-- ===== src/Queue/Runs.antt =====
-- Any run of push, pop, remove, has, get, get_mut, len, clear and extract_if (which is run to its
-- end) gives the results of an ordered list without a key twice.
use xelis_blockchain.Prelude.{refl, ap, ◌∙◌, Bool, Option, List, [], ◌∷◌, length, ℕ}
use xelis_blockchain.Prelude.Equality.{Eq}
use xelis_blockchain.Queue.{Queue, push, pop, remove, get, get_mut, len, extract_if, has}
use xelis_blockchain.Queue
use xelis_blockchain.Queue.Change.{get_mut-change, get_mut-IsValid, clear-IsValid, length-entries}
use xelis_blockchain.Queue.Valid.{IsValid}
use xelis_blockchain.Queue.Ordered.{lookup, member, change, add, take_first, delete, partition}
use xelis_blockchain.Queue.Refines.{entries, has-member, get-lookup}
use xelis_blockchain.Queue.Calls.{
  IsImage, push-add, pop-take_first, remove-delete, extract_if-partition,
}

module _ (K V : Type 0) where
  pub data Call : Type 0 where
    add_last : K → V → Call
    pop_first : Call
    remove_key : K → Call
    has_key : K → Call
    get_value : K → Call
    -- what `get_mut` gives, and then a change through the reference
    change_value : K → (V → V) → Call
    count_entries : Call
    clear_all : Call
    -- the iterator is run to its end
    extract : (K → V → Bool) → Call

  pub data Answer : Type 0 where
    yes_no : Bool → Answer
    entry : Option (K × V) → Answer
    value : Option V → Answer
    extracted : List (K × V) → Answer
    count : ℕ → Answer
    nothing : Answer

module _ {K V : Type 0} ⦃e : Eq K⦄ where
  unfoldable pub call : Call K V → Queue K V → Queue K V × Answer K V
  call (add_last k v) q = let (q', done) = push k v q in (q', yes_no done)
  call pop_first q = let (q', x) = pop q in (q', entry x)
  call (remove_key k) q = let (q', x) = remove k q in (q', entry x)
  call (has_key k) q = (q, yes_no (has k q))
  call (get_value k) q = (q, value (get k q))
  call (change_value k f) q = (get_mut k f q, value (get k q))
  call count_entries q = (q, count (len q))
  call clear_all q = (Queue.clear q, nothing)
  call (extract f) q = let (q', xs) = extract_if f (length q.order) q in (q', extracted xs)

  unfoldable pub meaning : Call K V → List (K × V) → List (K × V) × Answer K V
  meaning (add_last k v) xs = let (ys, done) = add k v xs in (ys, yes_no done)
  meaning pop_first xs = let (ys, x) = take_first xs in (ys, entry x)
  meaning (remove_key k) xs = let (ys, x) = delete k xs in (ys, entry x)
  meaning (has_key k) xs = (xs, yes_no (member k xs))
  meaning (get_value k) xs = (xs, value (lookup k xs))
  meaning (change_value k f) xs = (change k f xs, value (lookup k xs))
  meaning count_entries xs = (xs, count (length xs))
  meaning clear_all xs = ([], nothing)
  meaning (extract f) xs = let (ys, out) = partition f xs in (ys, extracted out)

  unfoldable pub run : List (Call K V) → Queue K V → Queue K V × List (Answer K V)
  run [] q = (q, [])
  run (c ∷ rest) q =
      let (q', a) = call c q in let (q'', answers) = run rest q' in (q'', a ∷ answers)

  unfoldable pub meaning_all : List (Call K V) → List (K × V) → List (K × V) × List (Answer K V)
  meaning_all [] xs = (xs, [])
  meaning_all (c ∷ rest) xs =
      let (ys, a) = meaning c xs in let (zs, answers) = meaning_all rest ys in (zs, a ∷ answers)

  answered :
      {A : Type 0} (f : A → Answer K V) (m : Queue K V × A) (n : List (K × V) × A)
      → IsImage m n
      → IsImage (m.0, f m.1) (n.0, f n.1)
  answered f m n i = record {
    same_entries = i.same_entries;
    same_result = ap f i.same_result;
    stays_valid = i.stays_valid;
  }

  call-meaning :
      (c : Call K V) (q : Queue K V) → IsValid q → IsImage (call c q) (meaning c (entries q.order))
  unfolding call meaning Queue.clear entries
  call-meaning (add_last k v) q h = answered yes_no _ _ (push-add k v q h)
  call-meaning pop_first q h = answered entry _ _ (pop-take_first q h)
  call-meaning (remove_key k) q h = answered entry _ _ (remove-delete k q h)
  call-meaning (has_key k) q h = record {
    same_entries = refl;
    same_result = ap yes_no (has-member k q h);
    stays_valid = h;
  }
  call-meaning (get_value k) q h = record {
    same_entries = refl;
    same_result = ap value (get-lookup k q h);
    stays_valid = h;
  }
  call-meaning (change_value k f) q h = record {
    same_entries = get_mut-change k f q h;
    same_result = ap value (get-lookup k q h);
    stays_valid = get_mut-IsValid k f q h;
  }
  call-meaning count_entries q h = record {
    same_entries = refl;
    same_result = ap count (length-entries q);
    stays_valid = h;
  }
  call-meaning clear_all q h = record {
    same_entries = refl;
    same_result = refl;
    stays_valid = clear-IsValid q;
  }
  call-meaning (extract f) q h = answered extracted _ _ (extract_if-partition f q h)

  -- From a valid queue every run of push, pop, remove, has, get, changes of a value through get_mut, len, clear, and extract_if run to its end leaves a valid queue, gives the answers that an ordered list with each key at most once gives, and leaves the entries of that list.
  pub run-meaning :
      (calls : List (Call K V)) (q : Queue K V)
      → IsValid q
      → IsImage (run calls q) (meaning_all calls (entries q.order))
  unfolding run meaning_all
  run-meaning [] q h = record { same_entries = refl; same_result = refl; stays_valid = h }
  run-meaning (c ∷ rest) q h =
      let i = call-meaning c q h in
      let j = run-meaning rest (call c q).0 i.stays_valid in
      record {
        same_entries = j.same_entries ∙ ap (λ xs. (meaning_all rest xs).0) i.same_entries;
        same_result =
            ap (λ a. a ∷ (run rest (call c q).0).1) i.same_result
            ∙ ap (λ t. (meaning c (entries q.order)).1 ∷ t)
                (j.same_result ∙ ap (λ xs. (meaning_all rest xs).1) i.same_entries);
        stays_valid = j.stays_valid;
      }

● **What you need to do**
In the entries above, find every line with the word "record" and list it.

● **Answer below**
  answered f m n i = record {
  call-meaning (has_key k) q h = record {
  call-meaning (get_value k) q h = record {
  call-meaning (change_value k f) q h = record {
  call-meaning count_entries q h = record {
  call-meaning clear_all q h = record {
  run-meaning [] q h = record { same_entries = refl; same_result = refl; stays_valid = h }
      record {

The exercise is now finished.